As Thomas Schelling, the influential American economist and Nobel laureate, explained in 1996, the great promise of geoengineering is that it might “…immensely simplify greenhouse policy, transforming it from an exceedingly complex regulatory regime to a problem in international cost sharing, a problem that we are familiar with” (1). At that time, little technical detail existed about plausible ways to change the radiation balance at the planetary scale or to dramatically alter and accelerate the speed of global carbon sinks. His point was that in 50 years, much more would be known and judgment would be easier to make.

In the nearly 30 years since, two things have happened: substantial technical progress has been made on carbon dioxide removal (CDR) and solar radiation management (SRM), as well as on our understanding of Earth system processes affected by climate change; and much more thinking has been done about how to govern the development and potential implementation of these technologies. Many creative minds have proposed a wide range of alternatives (certainly a good thing), and we are in a much better position today to assess their likely effectiveness.

We are also in a better position to judge whether geoengineering really does simplify climate policy. The new assessment of polar geoengineering options by Siegert et al. (2) is a significant contribution to this burgeoning literature. What it confirms is that things are not looking promising. The novelty of their Frontiers in Science lead article lies in its focus on the regions worst affected by global warming: the poles. The Arctic and Antarctic have heated up about four times faster than the rest of the planet (3), making them appear to be promising candidates for early applications of geoengineering. If a regional effect limited to the poles could be demonstrated, it might offer a way to tune interventions to specific parts of the Earth system, thereby dampening warming and its impacts. One of the persistent challenges of geoengineering is that most proposals have planetary effects, yet fully understanding their short- and long-term consequences, and allocating costs and benefits, have proven anything but simple.

When a good idea meets real-world challenges

What is striking about each of the polar climate interventions assessed by Siegert et al. (2) are the logistics, the costs, and the likely limits of their effectiveness. Even the best understood method—stratospheric aerosol injection (SAI)—appears to suffer from obvious constraints. For example, it would not work during the polar winter since there is no solar radiation to reflect, and during the polar summer, its effectiveness would be reduced by lower insolation and the higher albedo of ice and snow. SAI would require a fleet of large aircraft flying continuously and indefinitely to avoid termination shock. It would need to be internationally coordinated and jointly financed. The environmental impacts are unclear (e.g., ocean acidification), and likely spillover effects on adjoining regions could spark international disputes. Where Schelling envisioned simplification, we are likely to be confronted with complexity and new sources of political tension. Geoengineering may even become an instrument of transactional power (4). Nowadays, it is all too easy to imagine a strongman threatening, pay more, or I’ll switch the SAI off.

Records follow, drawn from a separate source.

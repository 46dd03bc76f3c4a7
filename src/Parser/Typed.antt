-- ===== src/Parser/Typed.antt =====
-- `parser_parse` keeps the numbers of the parser within their C types, and its cursor in the input.
use ledger_arweave.Base.{
  length, ◌≤◌, ℕ, ◌≡◌, refl, some, Bytes, All, arith, ltb, not, ◌||◌, ◌==◌, on_test, get_or, u16,
}
use ledger_arweave.Status.{parser_unexpected_tx_version, parser_value_out_of_range, ok, fail, final}
use ledger_arweave.Parser.{
  Context, Element, Tx, max_number_tags, read_element, read_u16, read_field, check_format,
  check_owner, check_tags_count, read_tag_list, read, init, init_context, parse,
}
use ledger_arweave.Parser.Always.{
  Always, Always-ok, Always-fail, Always-final, Always->>=, Always-into,
}
use ledger_arweave.Parser.Range.{
  IsWord, IsContext, IsElement, IsTyped, elements, read_u16-Always, read_element-Always,
  read_tags-IsTyped,
}

check_format-IsTyped : (p : Context × Tx) → IsTyped p → Always IsTyped (check_format p)
unfolding check_format
check_format-IsTyped p h =
    on_test (Always IsTyped) (fail parser_unexpected_tx_version p) (ok p)
      (not (p.1.format.len == 1) || not (get_or p.0.buffer p.1.format.ptr 0 == b'2'))
      (λ _. Always-fail IsTyped _ p h) λ _. Always-ok IsTyped p h

check_owner-IsTyped : (p : Context × Tx) → IsTyped p → Always IsTyped (check_owner p)
unfolding check_owner
check_owner-IsTyped p h =
    on_test (Always IsTyped) _ _ (p.1.owner.len == 512) (λ _. Always-ok IsTyped p h)
      λ _. Always-fail IsTyped _ p h

check_tags_count-IsTyped : (p : Context × Tx) → IsTyped p → Always IsTyped (check_tags_count p)
unfolding check_tags_count
check_tags_count-IsTyped p h =
    on_test (Always IsTyped) (fail parser_value_out_of_range p) (ok p)
      (ltb max_number_tags p.1.tags_count) (λ _. Always-fail IsTyped _ p h)
      λ _. Always-ok IsTyped p h

read_tag_list-IsTyped : (p : Context × Tx) → IsTyped p → Always IsTyped (read_tag_list p)
unfolding read_tag_list
read_tag_list-IsTyped p h =
    Always->>= IsTyped _ _
      (Always-into (λ a. IsContext a.0 × IsWord a.1) IsTyped _ (read_u16 (p.0, p.1.tags_count))
        (read_u16-Always (p.0, p.1.tags_count) h.context h.count)
        λ a k. record { context = k.0; fields = h.fields; count = k.1; tags = h.tags })
      λ p h.
        Always->>= IsTyped _ _ (check_tags_count-IsTyped p h)
          λ p h. read_tags-IsTyped p.1.tags_count 0 p h

-- A field that is read and put back, with the other fields as they were.
record IsField (get : Tx → Element) (put : Tx → Element → Tx) : Type 0 where
  before : (v : Tx) → All IsElement (elements v) → IsElement (get v)
  behind :
      (v : Tx) (e : Element)
      → All IsElement (elements v)
      → IsElement e
      → All IsElement (elements (put v e))
  same_count : (v : Tx) (e : Element) → (put v e).tags_count ≡ v.tags_count
  same_tags : (v : Tx) (e : Element) → (put v e).tags ≡ v.tags

read_field-IsTyped :
    {get : Tx → Element} {put : Tx → Element → Tx} (p : Context × Tx)
    → IsField get put
    → IsTyped p
    → Always IsTyped (read_field get put p)
read_field-IsTyped {get} {put} p f h =
    Always-into (λ a. IsContext a.0 × IsElement a.1) IsTyped _ (read_element (p.0, get p.1))
      (read_element-Always (p.0, get p.1) h.context (f.before p.1 h.fields))
      λ a k. record {
        context = k.0;
        fields = f.behind p.1 a.1 h.fields k.1;
        count = rw (f.same_count p.1 a.1) h.count;
        tags = rw (f.same_tags p.1 a.1) h.tags;
      }

format-IsField : IsField (λ v. v.format) (λ v e. record v { format = e })
format-IsField = record {
  before = λ v h. h.0;
  behind = λ v e h k. (k, h.1);
  same_count = λ v e. refl;
  same_tags = λ v e. refl;
}

owner-IsField : IsField (λ v. v.owner) (λ v e. record v { owner = e })
owner-IsField = record {
  before = λ v h. h.1.0;
  behind = λ v e h k. (h.0, (k, h.1.1));
  same_count = λ v e. refl;
  same_tags = λ v e. refl;
}

target-IsField : IsField (λ v. v.target) (λ v e. record v { target = e })
target-IsField = record {
  before = λ v h. h.1.1.0;
  behind = λ v e h k. (h.0, (h.1.0, (k, h.1.1.1)));
  same_count = λ v e. refl;
  same_tags = λ v e. refl;
}

quantity-IsField : IsField (λ v. v.quantity) (λ v e. record v { quantity = e })
quantity-IsField = record {
  before = λ v h. h.1.1.1.0;
  behind = λ v e h k. (h.0, (h.1.0, (h.1.1.0, (k, h.1.1.1.1))));
  same_count = λ v e. refl;
  same_tags = λ v e. refl;
}

reward-IsField : IsField (λ v. v.reward) (λ v e. record v { reward = e })
reward-IsField = record {
  before = λ v h. h.1.1.1.1.0;
  behind = λ v e h k. (h.0, (h.1.0, (h.1.1.0, (h.1.1.1.0, (k, h.1.1.1.1.1)))));
  same_count = λ v e. refl;
  same_tags = λ v e. refl;
}

last_tx-IsField : IsField (λ v. v.last_tx) (λ v e. record v { last_tx = e })
last_tx-IsField = record {
  before = λ v h. h.1.1.1.1.1.0;
  behind = λ v e h k. (h.0, (h.1.0, (h.1.1.0, (h.1.1.1.0, (h.1.1.1.1.0, (k, h.1.1.1.1.1.1))))));
  same_count = λ v e. refl;
  same_tags = λ v e. refl;
}

data_size-IsField : IsField (λ v. v.data_size) (λ v e. record v { data_size = e })
data_size-IsField = record {
  before = λ v h. h.1.1.1.1.1.1.0;
  behind = λ v e h k.
      (h.0, (h.1.0, (h.1.1.0, (h.1.1.1.0, (h.1.1.1.1.0, (h.1.1.1.1.1.0, (k, h.1.1.1.1.1.1.1)))))));
  same_count = λ v e. refl;
  same_tags = λ v e. refl;
}

data_root-IsField : IsField (λ v. v.data_root) (λ v e. record v { data_root = e })
data_root-IsField = record {
  before = λ v h. h.1.1.1.1.1.1.1.0;
  behind = λ v e h k. (
    h.0,
    (
      h.1.0,
      (
        h.1.1.0,
        (h.1.1.1.0, (h.1.1.1.1.0, (h.1.1.1.1.1.0, (h.1.1.1.1.1.1.0, (k, h.1.1.1.1.1.1.1.1))))),
      ),
    ),
  );
  same_count = λ v e. refl;
  same_tags = λ v e. refl;
}

read-IsTyped : (p : Context × Tx) → IsTyped p → Always IsTyped (read p)
unfolding read
read-IsTyped p h = Always->>= IsTyped _ _ (read_field-IsTyped p format-IsField h) λ p h.
    Always->>= IsTyped _ _ (check_format-IsTyped p h) λ p h.
      Always->>= IsTyped _ _ (read_field-IsTyped p owner-IsField h) λ p h.
        Always->>= IsTyped _ _ (check_owner-IsTyped p h) λ p h.
          Always->>= IsTyped _ _ (read_field-IsTyped p target-IsField h) λ p h.
            Always->>= IsTyped _ _ (read_field-IsTyped p quantity-IsField h) λ p h.
              Always->>= IsTyped _ _ (read_field-IsTyped p reward-IsField h) λ p h.
                Always->>= IsTyped _ _ (read_field-IsTyped p last_tx-IsField h) λ p h.
                  Always->>= IsTyped _ _ (read_tag_list-IsTyped p h) λ p h.
                    Always->>= IsTyped _ _ (read_field-IsTyped p data_size-IsField h)
                      λ p h. read_field-IsTyped p data_root-IsField h

init-IsContext :
    (c : Context) (b : Bytes) (size : ℕ)
    → IsWord size
    → size ≤ length b
    → Always IsContext (init c (some b) size)
unfolding init init_context
init-IsContext c b size h inside =
    Always->>= IsContext _ _
      (on_test (Always IsContext) _ _ (size == 0)
        (λ _. Always-fail IsContext _ _ (omega arith, omega arith, omega arith))
        λ _. Always-ok IsContext _ (h, omega arith, inside))
      λ c k. Always-ok IsContext c k

-- However `parser_parse` ends, the cursor that it leaves is in the input, and the lengths and counters
-- in the context and the object are 16-bit numbers, if they were before. The input is as long as
-- announced, or longer.
pub parse-IsTyped :
    (p : Context × Tx) (b : Bytes) (size : ℕ)
    → size ≤ length b
    → IsTyped p
    → IsTyped (final (parse p (some b) size))
unfolding parse
parse-IsTyped p b size inside h = Always-final IsTyped (parse p (some b) size) (
    on_test (Always IsTyped) _ _ (ltb size 1) (λ _. Always-fail IsTyped _ p h)
      λ _.
        Always->>= IsTyped _ _
          (Always-into IsContext IsTyped _ (init p.0 (some b) (u16 size))
            (init-IsContext p.0 b (u16 size) (omega arith) (omega (arith, inside)))
            λ c k. record { context = k; fields = h.fields; count = h.count; tags = h.tags })
          read-IsTyped)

Some ideas, such as slowing polar ice sheet flow by removing basal waters, seem at the limits of the imaginable, requiring megawatt-scale power generation in Antarctica, boreholes of unprecedented depths and diameters, and complex infrastructure to handle the vast quantities of extracted water (perhaps using giant snow machines in frozen wastes). The scale of the infrastructure required in such extreme and remote environments, and the need to maintain operations year-round, may be comparable to maintaining a permanent presence on the Moon. Another question is how to achieve any of it through international cooperation when the benefits of reduced climate risk are so unevenly distributed. Could a single power, for example, the European Union, take on ice sheet management under a new Global Climate Protection Treaty? Who would pay, and how much? Would small island states feature on the board, arguing for greater investment to stem sea level rise? What would be the political risks for the EU and for participating nations? As we can see, it is not so simple.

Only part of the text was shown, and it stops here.